Nell’ambito delle funzioni pubbliche cui sono chiamati a svolgere il loro mandato, tale rapporto privatistico non trova legittimazione in seno ad una Repubblica Parlamentare, così come questa è scaturita dal dibattito alla Costituente.

In quella sede, anche per la recente esperienza del ventennio precedente, si è inteso, come è noto, evitare che la rappresentanza popolare fosse accentrata nelle mani di un Presidente della Repubblica direttamente scelto dal corpo elettorale, proprio per il rischio di derive populistiche che tale scelta avrebbe potuto comportare.

La mediazione parlamentare, attraverso le rappresentanze dei partiti – di cui non è dubitabile la natura pubblicistica- è stata una scelta ponderata e politicamente motivata.

Se ciò e vero, è evidente la natura pubblica del mandato parlamentare che quindi non può sottostare agli obblighi tipici di una rapporto privatistico, sia nei confronti di un “movimento”, che peggio ancora nei confronti dei vertici di quel movimento, rappresentato da una srl come la Casaleggio ed associati.

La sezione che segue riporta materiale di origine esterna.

-- ===== src/Cases/Resolution.antt =====
-- What `updateCase` writes.
use transactguard.Prelude.{
  ℕ, ◌≡◌, refl, ◌∙◌, ==_refl, inl, inr, Bool, true, false, not, Option, none, some, arith, ◌==◌,
  if◌then◌else◌, is_some, Bool-cases, String,
}
use transactguard.Errors.{ok}
use transactguard.Schema.{Database, World, Ctx, Case, CaseStatus}
use transactguard.Cases.{
  same_status, is_open, Field, undefined, null, value, Patch, Data, update_data, apply, is_empty,
  visible, find_case, get_case_by_id, update_found, update_case,
}

-- `resolvedAt` is null exactly while the case is under review.
abbrev pub IsConsistent : Case → Type 0
IsConsistent c = is_some c.resolved_at ≡ not (is_open c.status)

same_status-eq : (a b : CaseStatus) → same_status a b ≡ true → a ≡ b
same_status-eq a b h = ground arith

-- Who owns the case afterwards: the one that the patch names, nobody where it names null, the caller
-- where it is silent and the status changes, and else the owner of before.
abbrev pub new_owner : Field ℕ → Bool → ℕ → Option ℕ → Option ℕ
new_owner (value a) decides user_id old = some a
new_owner null decides user_id old = none
new_owner undefined true user_id old = some user_id
new_owner undefined false user_id old = old

abbrev pub new_notes : Field String → Option String → Option String
new_notes (value n) old = some n
new_notes null old = none
new_notes undefined old = old

-- Does the patch ask for another status?
abbrev pub decides : Option CaseStatus → CaseStatus → Bool
decides none old = false
decides (some s) old = not (same_status s old)

abbrev pub new_status : Option CaseStatus → CaseStatus → CaseStatus
new_status none old = old
new_status (some s) old = s

-- The row after an update, field by field.
pub record Updated (p : Patch) (user_id : ℕ) (ctx : Ctx) (old new : Case) : Type 0 where
  pub status_is : new.status ≡ new_status p.status old.status
  pub owner_is :
      new.assigned_to_id
      ≡ new_owner p.assigned_to_id (decides p.status old.status) user_id old.assigned_to_id
  pub notes_is : new.notes ≡ new_notes p.notes old.notes
  pub resolved_is : new.resolved_at ≡ (
      if decides p.status old.status
      then (if is_open new.status then none else some ctx.now)
      else old.resolved_at)
  pub same_transaction : new.transaction_id ≡ old.transaction_id
  pub same_id : new.id ≡ old.id

apply-Updated :
    (p : Patch) (user_id : ℕ) (ctx : Ctx) (c : Case)
    → Updated p user_id ctx c (apply (update_data c.status p user_id ctx) c)
unfolding apply update_data
apply-Updated p user_id ctx c = record {
  status_is = ground arith;
  owner_is = ground arith;
  notes_is = ground arith;
  resolved_is = ground arith;
  same_transaction = refl;
  same_id = refl;
}

Updated-IsConsistent :
    (p : Patch) (user_id : ℕ) (ctx : Ctx) (old new : Case)
    → Updated p user_id ctx old new
    → IsConsistent old
    → IsConsistent new
Updated-IsConsistent p user_id ctx old new u h = ground arith

-- An update that writes nothing is one that asks for nothing.
is_empty-apply : (d : Data) (c : Case) → is_empty d ≡ true → apply d c ≡ c
unfolding is_empty apply
is_empty-apply d c h = ground arith

module _ (D : Database) (id : ℕ) (p : Patch) (user_id : ℕ) (ctx : Ctx) (w : World D) where
  abbrev after : World D
  after = (update_case D id p user_id ctx w).1

  found_row : (o : Option Case) (c : Case) → visible D o w ≡ some c → o ≡ some c
  unfolding visible
  found_row none c e = absurd (cc)
  found_row (some x) c e = ground arith

  find_case-some : (c : Case) → find_case D id w ≡ some c → D.cases.find id w.cases ≡ some c
  unfolding find_case
  find_case-some c e = found_row (D.cases.find id w.cases) c e

  update_found-ok :
      (o : Option Case) (new : Case)
      → find_case D id w ≡ o
      → (update_found D id o p user_id ctx w).0 ≡ ok new
      → let w' = (update_found D id o p user_id ctx w).1 in
        (old : Case) × (o ≡ some old)
        × Updated p user_id ctx old new
        × (D.cases.find id w'.cases ≡ some new)
        × ((j : ℕ) → (id == j) ≡ false → D.cases.find j w'.cases ≡ D.cases.find j w.cases)
  unfolding update_found get_case_by_id
  update_found-ok none new e h = absurd (cc)
  update_found-ok (some old) new e h =
      let d = update_data old.status p user_id ctx in
      let u = apply-Updated p user_id ctx old in
      elim (Bool-cases (is_empty d)) [
        | inl empty ↦
            let same : new ≡ old = ground arith in
            let kept : apply d old ≡ old = is_empty-apply d old empty in
            (
              old,
              refl,
              (rw same (rw kept at u)),
              rw (empty, same) (find_case-some old e),
              λ j ne. rw empty,
            )
        | inr some' ↦
            let same : new ≡ apply d old = ground arith in
            let law = λ (j : ℕ). D.cases.find-put id j (apply d old) w.cases in
            (
              old,
              refl,
              (rw same u),
              rw (some', same) (law id ∙ (rw (==_refl id))),
              λ j ne. rw some' (law j ∙ (rw ne)),
            )
      ]

  -- An update that succeeds was of a case whose transaction is not deleted. It returns the row with
  -- the status, the owner, the note and the time of resolution that the patch calls for; that row
  -- stands in the table, and every other row is as it was.
  pub update_case-ok :
      (new : Case)
      → (update_case D id p user_id ctx w).0 ≡ ok new
      → (old : Case) × (find_case D id w ≡ some old)
        × Updated p user_id ctx old new
        × (D.cases.find id after.cases ≡ some new)
        × ((j : ℕ) → (id == j) ≡ false → D.cases.find j after.cases ≡ D.cases.find j w.cases)
  unfolding update_case
  update_case-ok new h = update_found-ok (find_case D id w) new refl h

  -- An update keeps a case consistent: `resolvedAt` is null exactly while it is under review.
  pub update_case-IsConsistent :
      (new : Case)
      → ((old : Case) → find_case D id w ≡ some old → IsConsistent old)
      → (update_case D id p user_id ctx w).0 ≡ ok new
      → IsConsistent new
  update_case-IsConsistent new h e =
      let (old, found, u, _, _) = update_case-ok new e in
      Updated-IsConsistent p user_id ctx old new u (h old found)
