-- ===== src/Config.antt =====
-- backend/src/config/env.js: the environment that the server starts with, or refuses to start with.
use text.Mathlib.Text.{◌==◌ as str_eq, starts_with}
use transactguard.Prelude.{
  ℕ, ◌≡◌, arith, String, Bool, true, false, ◌&&◌, ◌||◌, Option, none, some, List, [], ◌∷◌, leb, ltb,
  if◌then◌else◌, or_else, ◌>>=◌, bind-some, inl, inr, Bool-cases,
}

-- JavaScript's and zod's functions on texts: the length, `z.url`, `z.coerce.number().int()`, and
-- `split(',')` with `trim`, without the empty parts.
pub record EnvTexts : Type 0 where
  pub length_of : String → ℕ
  pub is_url : String → Bool
  pub to_int : String → Option ℕ
  pub comma_separated : String → List String

-- `process.env`
pub record RawEnv : Type 0 where
  pub database_url : Option String
  pub redis_url : Option String
  pub jwt_secret : Option String
  pub jwt_refresh_secret : Option String
  pub ml_service_url : Option String
  pub ml_service_api_key : Option String
  pub allowed_origin : Option String
  pub run_worker_inline : Option String
  pub port : Option String
  pub node_env : Option String

pub data NodeEnv : Type 0 where
  development test production : NodeEnv

pub record Env : Type 0 where
  pub database_url : String
  pub redis_url : String
  pub jwt_secret : String
  pub jwt_refresh_secret : String
  pub ml_service_url : String
  pub ml_service_api_key : String
  pub allowed_origin : String
  pub run_worker_inline : Bool
  pub port : ℕ
  pub node_env : NodeEnv

-- A key that has to be there and pass a test.
abbrev checked_text : Option String → (String → Bool) → Option String
checked_text none ok? = none
checked_text (some s) ok? = if ok? s then some s else none

abbrev parse_flag : String → Option Bool
parse_flag s =
    if str_eq s "true" then some true else (if str_eq s "false" then some false else none)

abbrev parse_node_env : String → Option NodeEnv
parse_node_env s =
    if str_eq s "development"
    then some development
    else (if str_eq s "test"
        then some test
        else (if str_eq s "production" then some production else none))

abbrev pub is_production : NodeEnv → Bool
is_production production = true
is_production _ = false

abbrev is_nil : List String → Bool
is_nil [] = true
is_nil (x ∷ xs) = false

some-injective : (a b : Env) → some a ≡ some b → a ≡ b
some-injective a b h = cc

module _ (T : EnvTexts) where
  -- `positive().max(65535)`
  in_port_range : Option ℕ → Option ℕ
  in_port_range none = none
  in_port_range (some n) = if ltb 0 n && leb n 65535 then some n else none

  parse_port : Option String → Option ℕ
  unfolding in_port_range
  parse_port none = some 4000
  parse_port (some s) = in_port_range (T.to_int s)

  -- `envSchema.safeParse(process.env)`
  parse_env : RawEnv → Option Env
  unfolding parse_port
  parse_env raw = do
    database_url ←
        checked_text raw.database_url
          (λ s. starts_with s "postgres://" || starts_with s "postgresql://")
    redis_url ←
        checked_text raw.redis_url (λ s. starts_with s "redis://" || starts_with s "rediss://")
    jwt_secret ← checked_text raw.jwt_secret (λ s. leb 32 (T.length_of s))
    jwt_refresh_secret ← checked_text raw.jwt_refresh_secret (λ s. leb 32 (T.length_of s))
    ml_service_url ←
        checked_text (some (or_else raw.ml_service_url "http://localhost:8000")) T.is_url
    ml_service_api_key ← checked_text raw.ml_service_api_key (λ s. leb 16 (T.length_of s))
    run_worker_inline ← parse_flag (or_else raw.run_worker_inline "false")
    port ← parse_port raw.port
    node_env ← parse_node_env (or_else raw.node_env "development")
    some (record {
      database_url = database_url;
      redis_url = redis_url;
      jwt_secret = jwt_secret;
      jwt_refresh_secret = jwt_refresh_secret;
      ml_service_url = ml_service_url;
      ml_service_api_key = ml_service_api_key;
      allowed_origin = or_else raw.allowed_origin "";
      run_worker_inline = run_worker_inline;
      port = port;
      node_env = node_env;
    })

  -- `allowedOrigins`
  allowed_origins : Env → List String
  allowed_origins e = if str_eq e.allowed_origin "" then [] else T.comma_separated e.allowed_origin

  pub accepted : Env → Option Env
  unfolding allowed_origins
  accepted e =
      if str_eq e.jwt_secret e.jwt_refresh_secret
      then none
      else (if is_production e.node_env && is_nil (allowed_origins e) then none else some e)

  -- The environment, or none where the process exits.
  start : RawEnv → Option Env
  unfolding accepted
  start raw = parse_env raw >>= accepted

  accepted-some :
      (e e' : Env)
      → accepted e ≡ some e'
      → (e ≡ e')
        × (str_eq e.jwt_secret e.jwt_refresh_secret ≡ false)
        × ((is_production e.node_env && is_nil (allowed_origins e)) ≡ false)
  unfolding accepted
  accepted-some e e' h = elim (Bool-cases (str_eq e.jwt_secret e.jwt_refresh_secret)) [
    | inl same ↦ absurd (let q = rw same at h in cc)
    | inr differ ↦
        let h' = rw differ at h in
        elim (Bool-cases (is_production e.node_env && is_nil (allowed_origins e))) [
          | inl anyone ↦ absurd (let q = rw anyone at h' in cc)
          | inr closed ↦ (some-injective e e' (rw closed at h'), differ, closed)
        ]
  ]

  -- A server that starts has two different secrets for its tokens, and in production a list of the
  -- origins that it lets in.
  start_is_safe :
      (raw : RawEnv) (e : Env)
      → start raw ≡ some e
      → (str_eq e.jwt_secret e.jwt_refresh_secret ≡ false)
        × ((is_production e.node_env ≡ true) → is_nil (allowed_origins e) ≡ false)
  unfolding start
  start_is_safe raw e h =
      let (e', p, a) = bind-some (parse_env raw) accepted e h in
      let (same, differ, closed) = accepted-some e' e a in
      (rw same at differ, λ prod. let c = rw same at closed in ground (arith, c, prod))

Chiarito ciò, resta da capire come si pone, nell’ambito di questo rapporto di natura privata (tra gli utenti di una piattaforma on line, gli eletti, il movimento politico ed il referente/garante di questo) il sostanziale cambio di programma, che tecnicamente è l’oggetto di quell’accordo, a proposito dei temi forti dei 5stelle quali il reddito di cittadinanza, di cui pare non si parli più o dei contenuti in materia di politica estera votati dagli utenti della piattaforma Rousseau e non più centrali nella strategia dei grillini.

O addirittura fisicamente scomparsi, una volta votati, dal programma dei pentastellati.

E cosa giuridicamente comporta, a fronte dell’assunzione di obbligazioni di natura privatistica, tale cambiamento di “programma politico” da parte dei vertici del Movimento 5stelle.

In altri termini, una volta sgombrato il campo dal dubbio che esista una differenza di significato politico dalla  volutamente ambigua formula del “contratto” rispetto al “programma” di governo (atto di indirizzo politico del Governo) proposto dai 5stelle, quale è il destino di quell’altro  “contratto” vigente tra gli elettori del movimento 5stelle ed i suoi rappresentanti?

Possono le parti,  privatisticamente, disdettare quell’accordo?

Oppure, in dispregio della natura pubblica del loro mandato, sono tenuti ad eseguire le indicazioni del Movimento pena sanzioni di natura patrimoniali o disciplinari?

Come è facile comprendere, l’art 67 della Costituzione è stato posto a baluardo proprio di derive del genere, per evitare insomma che rapporti di natura privata tra eletti ed elettori minacciassero il fine di rappresentanza della Nazione da parte di ogni singolo parlamentare.

Come rischia di accadere adesso, dopo 70 anni.